• [WHAT IS NEEDED]: Copy out each line below containing "subst".

[Stored items]

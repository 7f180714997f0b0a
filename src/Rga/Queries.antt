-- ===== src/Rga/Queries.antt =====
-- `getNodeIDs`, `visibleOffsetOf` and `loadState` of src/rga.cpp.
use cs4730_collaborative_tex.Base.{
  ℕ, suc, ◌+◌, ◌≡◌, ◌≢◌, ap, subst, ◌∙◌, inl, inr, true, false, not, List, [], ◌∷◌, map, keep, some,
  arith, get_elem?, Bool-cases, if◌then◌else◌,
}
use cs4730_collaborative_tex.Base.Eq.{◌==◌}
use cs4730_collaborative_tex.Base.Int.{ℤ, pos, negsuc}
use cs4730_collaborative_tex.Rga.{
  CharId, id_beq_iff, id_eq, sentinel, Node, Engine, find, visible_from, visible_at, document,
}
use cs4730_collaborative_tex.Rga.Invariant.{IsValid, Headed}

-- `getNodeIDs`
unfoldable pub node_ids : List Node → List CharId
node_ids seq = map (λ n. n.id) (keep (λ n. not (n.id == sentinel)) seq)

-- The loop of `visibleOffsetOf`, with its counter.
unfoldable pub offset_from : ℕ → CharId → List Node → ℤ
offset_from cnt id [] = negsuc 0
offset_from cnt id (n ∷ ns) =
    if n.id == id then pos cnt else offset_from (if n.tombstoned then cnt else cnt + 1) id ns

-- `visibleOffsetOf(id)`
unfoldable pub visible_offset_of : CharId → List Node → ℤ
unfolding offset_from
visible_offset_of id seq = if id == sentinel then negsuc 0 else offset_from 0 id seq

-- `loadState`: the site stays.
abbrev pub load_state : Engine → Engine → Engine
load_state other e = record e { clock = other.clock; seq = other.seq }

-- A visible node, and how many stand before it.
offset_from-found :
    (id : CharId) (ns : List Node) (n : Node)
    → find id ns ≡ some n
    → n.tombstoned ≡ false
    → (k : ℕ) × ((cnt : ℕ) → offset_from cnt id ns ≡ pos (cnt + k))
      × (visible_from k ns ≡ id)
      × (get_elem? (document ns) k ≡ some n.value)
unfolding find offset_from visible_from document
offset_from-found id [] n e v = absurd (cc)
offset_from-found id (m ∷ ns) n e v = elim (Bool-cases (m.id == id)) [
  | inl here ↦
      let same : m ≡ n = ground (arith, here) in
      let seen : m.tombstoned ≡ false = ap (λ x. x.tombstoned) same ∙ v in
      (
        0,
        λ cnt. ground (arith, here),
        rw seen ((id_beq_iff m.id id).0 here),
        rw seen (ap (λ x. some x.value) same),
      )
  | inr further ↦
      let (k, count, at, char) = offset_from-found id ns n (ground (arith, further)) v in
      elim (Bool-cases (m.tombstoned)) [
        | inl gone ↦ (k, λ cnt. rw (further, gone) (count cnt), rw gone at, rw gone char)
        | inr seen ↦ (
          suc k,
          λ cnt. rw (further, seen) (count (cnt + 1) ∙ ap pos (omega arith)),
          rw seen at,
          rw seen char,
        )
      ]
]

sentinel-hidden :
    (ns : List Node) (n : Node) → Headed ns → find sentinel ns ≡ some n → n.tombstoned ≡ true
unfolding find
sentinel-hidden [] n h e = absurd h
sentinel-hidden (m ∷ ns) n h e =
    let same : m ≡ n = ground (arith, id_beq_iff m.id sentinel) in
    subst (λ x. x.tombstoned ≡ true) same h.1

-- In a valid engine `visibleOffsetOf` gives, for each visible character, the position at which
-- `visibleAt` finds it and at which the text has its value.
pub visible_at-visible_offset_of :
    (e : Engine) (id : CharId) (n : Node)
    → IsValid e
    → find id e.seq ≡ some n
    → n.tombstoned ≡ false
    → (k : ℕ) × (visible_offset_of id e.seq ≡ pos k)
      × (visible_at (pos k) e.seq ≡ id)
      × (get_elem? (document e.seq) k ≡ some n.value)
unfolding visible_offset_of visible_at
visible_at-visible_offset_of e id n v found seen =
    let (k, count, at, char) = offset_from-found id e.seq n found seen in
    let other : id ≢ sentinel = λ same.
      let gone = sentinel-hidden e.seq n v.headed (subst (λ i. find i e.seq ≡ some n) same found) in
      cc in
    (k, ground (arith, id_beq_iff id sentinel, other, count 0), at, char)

• [ANSWER TO THE PROBLEM]:
  ℕ, suc, ◌+◌, ◌≡◌, ◌≢◌, ap, subst, ◌∙◌, inl, inr, true, false, not, List, [], ◌∷◌, map, keep, some,
    subst (λ x. x.tombstoned ≡ true) same h.1
      let gone = sentinel-hidden e.seq n v.headed (subst (λ i. find i e.seq ≡ some n) same found) in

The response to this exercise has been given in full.